How hard it is to sell to the public, "well, these medical assistants have almost the same amount of education as LPNs/LVNs". And they are right.

RNs aren't a lot harder to explain, with only two years of post HS education. Many nurses complete their AAS degree in two years by concurrently taking pre-requisites with nursing classes.

The fact is, the PTB are trying to replace us by deskilling our professional practice, and most of us have no power/control to stop it from happening.

JMHO and my NY $0.02.

Lindarn, RN, BSN, CCRN

Somewhere in the PACNW

I am not sure how it is at all schools, but at my school (both CC I went to) the pre reqs for the Associates degree for the RN required a minimum of 1.5 years of Pre Reqs that could not be taken with the program. The Pre Reqs were taken before you could even apply for the program and it was full time courses. I did most of my Pre Reqs in WA which was on quarters and not semesters and I got majority of my Pre Reqs done in 1.5 years, I was doing 17 credits a quarter average.

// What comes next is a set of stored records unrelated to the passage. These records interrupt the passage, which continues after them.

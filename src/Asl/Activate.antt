-- ===== src/Asl/Activate.antt =====
-- A descriptor that `insertBlocked` takes from the free list.
use pandos.Prelude.{
  ◌+◌, ◌<◌, ◌≤◌, ◌≡◌, refl, sym, ◌≢◌, List, [], ◌∷◌, arith, length, ◌∈◌, ◌∉◌, Distinct, ne_of_mem,
}
use pandos.Types.{Ptr, null}
use pandos.Run.{ok}
use pandos.Pcb.{upd}
use pandos.Pcb.Access.{ne_test}
use pandos.Pcb.Pool.{FreeChain, FreeChain-frame}
use pandos.Asl.{Asl, max_semd, asl_fuel, activate}
use pandos.Asl.Search.{read_ok, at_ok, IsActive, lookup}
use pandos.Asl.Place.{
  place_at, insert, linked, place_loop-place_at, place_at-mem, place_at-frame, has-insert,
  length-insert, insert-Distinct, insert-FreeChain, insert-Ascends,
}

-- The descriptors `ds` are in the ASL and `fs` are free, each of them once.
pub record IsAsl (a : Asl) (ds fs : List Ptr) : Type 0 where
  pub active : IsActive a ds
  pub distinct : Distinct (a.semd_h ∷ ds)
  pub free : FreeChain a.s_next a.semd_free_h fs
  pub distinct_free : Distinct fs
  pub apart : (b : Ptr) → b ∈ fs → b ∉ (a.semd_h ∷ ds)
  pub total : length ds + length fs ≤ max_semd + 1

pub null-not-mem-FreeChain :
    (n : Ptr → Ptr) (x : Ptr) (xs : List Ptr) → FreeChain n x xs → null ∉ xs
null-not-mem-FreeChain n x [] c = refl
null-not-mem-FreeChain n x (y ∷ xs) (e, m, c) = ground (arith, null-not-mem-FreeChain n (n y) xs c)

pub ne_mem : (xs : List Ptr) (b p : Ptr) → p ∈ xs → b ∉ xs → b ≢ p
ne_mem xs b p m o e = ne_of_mem xs m o (sym e)

-- The ASL with the descriptor `f` for `s`, behind `q`.
abbrev pub activated : Asl → (s f q : Ptr) → Asl
activated a s f q = record a {
  semd_free_h = a.s_next f;
  s_sem_add = upd a.s_sem_add f s;
  s_proc_q = upd a.s_proc_q f null;
  s_next = linked a.s_next f q;
}

-- The same before `f` is linked in.
abbrev taken : Asl → (s f : Ptr) → Asl
taken a s f = record a {
  semd_free_h = a.s_next f;
  s_sem_add = upd a.s_sem_add f s;
  s_proc_q = upd a.s_proc_q f null;
}

module _ {a : Asl} {ds : List Ptr} {f : Ptr} {fs : List Ptr} (s : Ptr)
    (v : IsAsl a ds (f ∷ fs)) where
  abbrev pub place : Ptr
  place = place_at a.s_sem_add s a.semd_h ds

  pub f_apart : f ∉ (a.semd_h ∷ ds)
  f_apart = v.apart f (ground arith)

  place_real : place ≢ null
  place_real =
      let m = place_at-mem a.s_sem_add s a.semd_h ds in
      let o : null ∉ (a.semd_h ∷ ds) = ground (
        arith,
        v.active.head,
        null-not-mem-FreeChain a.s_next (a.s_next a.semd_h) ds v.active.chain,
      ) in
      ne_of_mem (a.semd_h ∷ ds) m o

  keys_same : (b : Ptr) → b ∈ ds → upd a.s_sem_add f s b ≡ a.s_sem_add b
  unfolding upd
  keys_same b i = let o = f_apart in ground arith

  pub activate-ok : activate s a ≡ ok f (activated a s f place)
  unfolding activate
  activate-ok =
      rw (v.free.0, ne_test v.free.1, read_ok v.free.1, at_ok v.free.1, at_ok v.free.1)
        (rw
          (place_loop-place_at asl_fuel (taken a s f) a.semd_h s ds v.active.head v.active.chain
            (omega (arith, v.active.short)))
          (rw (
            place_at-frame a.s_sem_add (upd a.s_sem_add f s) s a.semd_h ds keys_same,
            read_ok place_real,
            at_ok v.free.1,
            at_ok place_real,
          )))

  place-not-free : (b : Ptr) → b ∈ fs → linked a.s_next f place b ≡ a.s_next b
  unfolding upd
  place-not-free b i =
      let p = place in
      let m : p ∈ (a.semd_h ∷ ds) = place_at-mem a.s_sem_add s a.semd_h ds in
      let o = v.apart b (ground arith) in
      let ne : b ≢ p = ne_mem (a.semd_h ∷ ds) b p m o in ground (arith, v.distinct_free)

  -- The list of descriptors is again one, sorted, and holds `f`.
  pub activated-IsAsl :
      0 < s
      → lookup a.s_sem_add s ds ≡ null
      → IsAsl (activated a s f place) (insert a.s_sem_add s f ds) fs
  activated-IsAsl lo miss =
      let o = f_apart in
      let nn = null-not-mem-FreeChain a.s_next (a.s_next a.semd_h) ds v.active.chain in
      record {
        active = record {
          head = v.active.head;
          chain =
              insert-FreeChain a.s_next a.s_sem_add s f a.semd_h ds v.free.1 v.distinct o
                v.active.chain;
          sorted = insert-Ascends a.s_sem_add s f 0 ds (ground arith) lo nn miss v.active.sorted;
          short = omega (arith, length-insert a.s_sem_add s f ds, v.total);
        };
        distinct = (
          rw (has-insert a.semd_h a.s_sem_add s f ds) (ground (arith, v.distinct)),
          insert-Distinct a.s_sem_add s f ds v.distinct.1 (ground arith),
        );
        free =
            FreeChain-frame a.s_next (linked a.s_next f place) (a.s_next f) fs
              (λ b i. place-not-free b i) v.free.2;
        distinct_free = v.distinct_free.1;
        apart = λ b i. ground (arith, has-insert b a.s_sem_add s f ds, v.apart b, v.distinct_free);
        total = omega (arith, length-insert a.s_sem_add s f ds, v.total);
      }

Here in CO they are on Semesters so you can't knock out as many as fast but I got my Co Reqs done here before entering my 2 year program. So after all is said and done I spent 4 years and it's always assumed it's just 2 years. The actual nursing program with strictly nursing classes may be 2 years, but all the education required before entering it is more than 2 years. Even if my school allowed Pre Reqs to be taken during the program it wouldn't be doable. The nursing program is a full time program credit wise and than we have clinicals on top of that.

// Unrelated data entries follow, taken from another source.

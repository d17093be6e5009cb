-- ===== src/Pcb/Ring.antt =====
-- A process queue as a circular doubly linked list: its pcbs in order, the tail last.
use pandos.Prelude.{
  ◌≡◌, ap, ◌≢◌, ◌⊎◌, List, [], ◌∷◌, ◌++◌, arith, ◌==◌, if◌then◌else◌, ◌∈◌, ◌∉◌, Distinct,
  has-append, not-mem_of_Distinct-snoc,
}
use pandos.Types.{Ptr, null}
use pandos.Pcb.{Store}

abbrev pub next : Store → Ptr → Ptr
next h a = h.p_next a

abbrev pub prev : Store → Ptr → Ptr
prev h a = h.p_prev a

-- `b` stands behind `a`.
abbrev pub Link : Store → Ptr → Ptr → Type 0
Link h a b = (next h a ≡ b) × (prev h b ≡ a)

-- From `a` the links lead through `xs` to `z`.
abbrev pub Chain : Store → Ptr → List Ptr → Ptr → Type 0
Chain h a [] z = Link h a z
Chain h a (x ∷ xs) z = Link h a x × Chain h x xs z

pub data IsProcQ (h : Store) : Ptr → List Ptr → Type 0 where
  none_queued : IsProcQ h null []
  ring :
      {t : Ptr} {xs : List Ptr} (ys : List Ptr)
      → xs ≡ ys ++ (t ∷ [])
      → Distinct xs
      → null ∉ xs
      → Chain h t ys t
      → IsProcQ h t xs

pub IsProcQ-Distinct : {h : Store} {t : Ptr} {xs : List Ptr} → IsProcQ h t xs → Distinct xs
IsProcQ-Distinct none_queued = tt
IsProcQ-Distinct (ring ys e d nn c) = d

module _ (h g : Store) where
  -- A chain survives a change that spares its `p_next` and `p_prev` fields.
  pub Chain-frame :
      (a : Ptr) (xs : List Ptr) (z : Ptr)
      → ((b : Ptr) → b ∈ (a ∷ xs) → next g b ≡ next h b)
      → ((b : Ptr) → b ∈ (xs ++ (z ∷ [])) → prev g b ≡ prev h b)
      → Chain h a xs z
      → Chain g a xs z
  Chain-frame a [] z sn sp c = ground (arith, sn a, sp z)
  Chain-frame a (x ∷ xs) z sn sp (l, c) = (
    ground (arith, sn a, sp x),
    Chain-frame x xs z (λ b i. sn b (ground arith)) (λ b i. sp b (ground arith)) c,
  )

module _ (h : Store) where
  pub Chain-snoc :
      (a : Ptr) (xs : List Ptr) {t z : Ptr}
      → Chain h a xs t
      → Link h t z
      → Chain h a (xs ++ (t ∷ [])) z
  Chain-snoc a [] c l = (c, l)
  Chain-snoc a (x ∷ xs) (k, c) l = (k, Chain-snoc x xs c l)

  pub Chain-unsnoc :
      (a : Ptr) (xs : List Ptr) {t z : Ptr}
      → Chain h a (xs ++ (t ∷ [])) z
      → Chain h a xs t × Link h t z
  Chain-unsnoc a [] (c, l) = (c, l)
  Chain-unsnoc a (x ∷ xs) (k, c) = let (d, l) = Chain-unsnoc x xs c in ((k, d), l)

  -- The neighbours of a pcb inside a chain.
  pub prev-mem :
      (a : Ptr) (us : List Ptr) (p : Ptr) (vs : List Ptr) (z : Ptr)
      → Chain h a (us ++ (p ∷ vs)) z
      → prev h p ∈ (a ∷ us)
  prev-mem a [] p vs z c = ground arith
  prev-mem a (u ∷ us) p vs z (l, c) = ground (arith, prev-mem u us p vs z c)

  pub next-mem :
      (a : Ptr) (us : List Ptr) (p : Ptr) (vs : List Ptr) (z : Ptr)
      → Chain h a (us ++ (p ∷ vs)) z
      → next h p ∈ (vs ++ (z ∷ []))
  next-mem a [] p [] z c = ground arith
  next-mem a [] p (v ∷ vs) z c = ground arith
  next-mem a (u ∷ us) p vs z (l, c) = next-mem u us p vs z c

next-mem_or_eq :
    (h : Store) (p : Ptr) (vs : List Ptr) (z : Ptr)
    → next h p ∈ (vs ++ (z ∷ []))
    → (next h p ∈ vs) ⊎ (next h p ≡ z)
next-mem_or_eq h p vs z i = ground (arith, has-append (next h p) vs (z ∷ []))

module _ (h g : Store) (p : Ptr) where
  -- `g` is `h` with the neighbours of `p` linked to each other.
  pub record Bypasses : Type 0 where
    pub nexts : (b : Ptr) → b ≢ p → next g b ≡ (if b == prev h p then next h p else next h b)
    pub prevs : (b : Ptr) → b ≢ p → prev g b ≡ (if b == next h p then prev h p else prev h b)

  pub Bypasses-Chain :
      (a : Ptr) (us vs : List Ptr) (z : Ptr)
      → Bypasses
      → Distinct (us ++ (p ∷ vs))
      → a ∉ (us ++ (p ∷ vs))
      → z ∉ (us ++ (p ∷ vs))
      → Chain h a (us ++ (p ∷ vs)) z
      → Chain g a (us ++ vs) z
  Bypasses-Chain a [] [] z w d na nz (k, l) = ground (arith, w.nexts a, w.prevs z)
  Bypasses-Chain a [] (v ∷ vs) z w d na nz (k, (l, c)) = (
    ground (arith, w.nexts a, w.prevs v),
    Chain-frame h g v vs z (λ b i. ground (arith, w.nexts b))
        (λ b i. ground (arith, w.prevs b, has-append b vs (z ∷ []))) c,
  )
  Bypasses-Chain a (u ∷ us) vs z w d na nz (k, c) = (
    ground (
      arith,
      w.nexts a,
      w.prevs u,
      prev-mem h u us p vs z c,
      next-mem h u us p vs z c,
      has-append a us (p ∷ vs),
      has-append u us (p ∷ vs),
      has-append z us (p ∷ vs),
      next-mem_or_eq h p vs z,
    ),
    Bypasses-Chain u us vs z w d.1 d.0 (ground arith) c,
  )

module _ (h : Store) where
  pub next-mem_snoc :
      (a : Ptr) (xs : List Ptr) (z : Ptr) → Chain h a xs z → next h a ∈ (xs ++ (z ∷ []))
  next-mem_snoc a [] z c = ground arith
  next-mem_snoc a (x ∷ xs) z c = ground arith

-- `g` is `h` with `p` linked in between `t` and the pcb behind it.
pub record LinksBehind (t p : Ptr) (h g : Store) : Type 0 where
  pub nexts : (b : Ptr) → next g b ≡ (if b == t then p else if b == p then next h t else next h b)
  pub prevs : (b : Ptr) → prev g b ≡ (if b == next h t then p else if b == p then t else prev h b)

-- Round the ring from `p`, once it stands behind the tail.
pub LinksBehind-Chain :
    (h g : Store) (t p : Ptr) (ys : List Ptr)
    → LinksBehind t p h g
    → Distinct (ys ++ (t ∷ []))
    → p ∉ (ys ++ (t ∷ []))
    → Chain h t ys t
    → Chain g p (ys ++ (t ∷ [])) p
LinksBehind-Chain h g t p [] w d o c = ground (arith, w.nexts t, w.nexts p, w.prevs t, w.prevs p)
LinksBehind-Chain h g t p (y ∷ ys) w d o (l, c) =
    let pt : p ≢ t = ground (arith, has-append p ys (t ∷ [])) in
    let yt : y ≢ t = ground (arith, has-append y ys (t ∷ [])) in
    let po : p ∉ ys = ground (arith, has-append p ys (t ∷ [])) in
    let to : t ∉ ys = not-mem_of_Distinct-snoc ys t d.1 in
    (
      ground (arith, w.nexts p, w.prevs y),
      Chain-snoc g y ys
          (Chain-frame h g y ys t (λ b i. ground (arith, w.nexts b))
            (λ b i. ground (arith, w.prevs b)) c)
          (ground (arith, w.nexts t, w.prevs p)),
    )

-- A queue is a matter of the two links alone.
pub IsProcQ-links :
    {h : Store} {t : Ptr} {xs : List Ptr} (g : Store)
    → g.p_next ≡ h.p_next
    → g.p_prev ≡ h.p_prev
    → IsProcQ h t xs
    → IsProcQ g t xs
IsProcQ-links g en ep none_queued = none_queued
IsProcQ-links {h} g en ep (ring {t} ys e d nn c) =
    ring ys e d nn (Chain-frame h g t ys t (λ b i. ap (λ f. f b) en) (λ b i. ap (λ f. f b) ep) c)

Anyway, again I am not sure if it's like this at all other schools but it's frustrating to always hear people talk as if it is only 2 total years of college from start to finish when it's not. My school has an option after you pass the first year of the RN program you can take a 2 week transition course in the summer and do x amount of clinical hours and be eligible to sit for the LPN boards but even doing that you still have to have the same pre reqs so it's still about 2.5 years of college classes full time to get your LPN.

Specializes in ED.

I'm confused OP. Are MA's & CNA's doing pre-op assessments, teaching, getting pre-op signatures from patients, & starting I.V.s, ect?!

In many states, a physician may oversee anyone doing anything. For years many docs trained their unlicensed help to give all manner of injections, from vaccines to allergy shots, draw blood, get vitals, etc. This was on the doc's own license.

But PLEASE don't call them nurses. They are office help.

Wowzer. Now I understand why all the docs at my clinic are

worried about the MAs not doing their jobs correctly. It's under

their license. All the stuff I see.....scary indeed.

I'm confused OP. Are MA's & CNA's doing pre-op assessments, teaching, getting pre-op signatures from patients, & starting I.V.s, ect?!

At my place they do everything! As the only RN (new grad, new job)

it scares me to death!

Lvns also do triage. And now after me being there a short time,

I've been offered the nurse manager position. No way!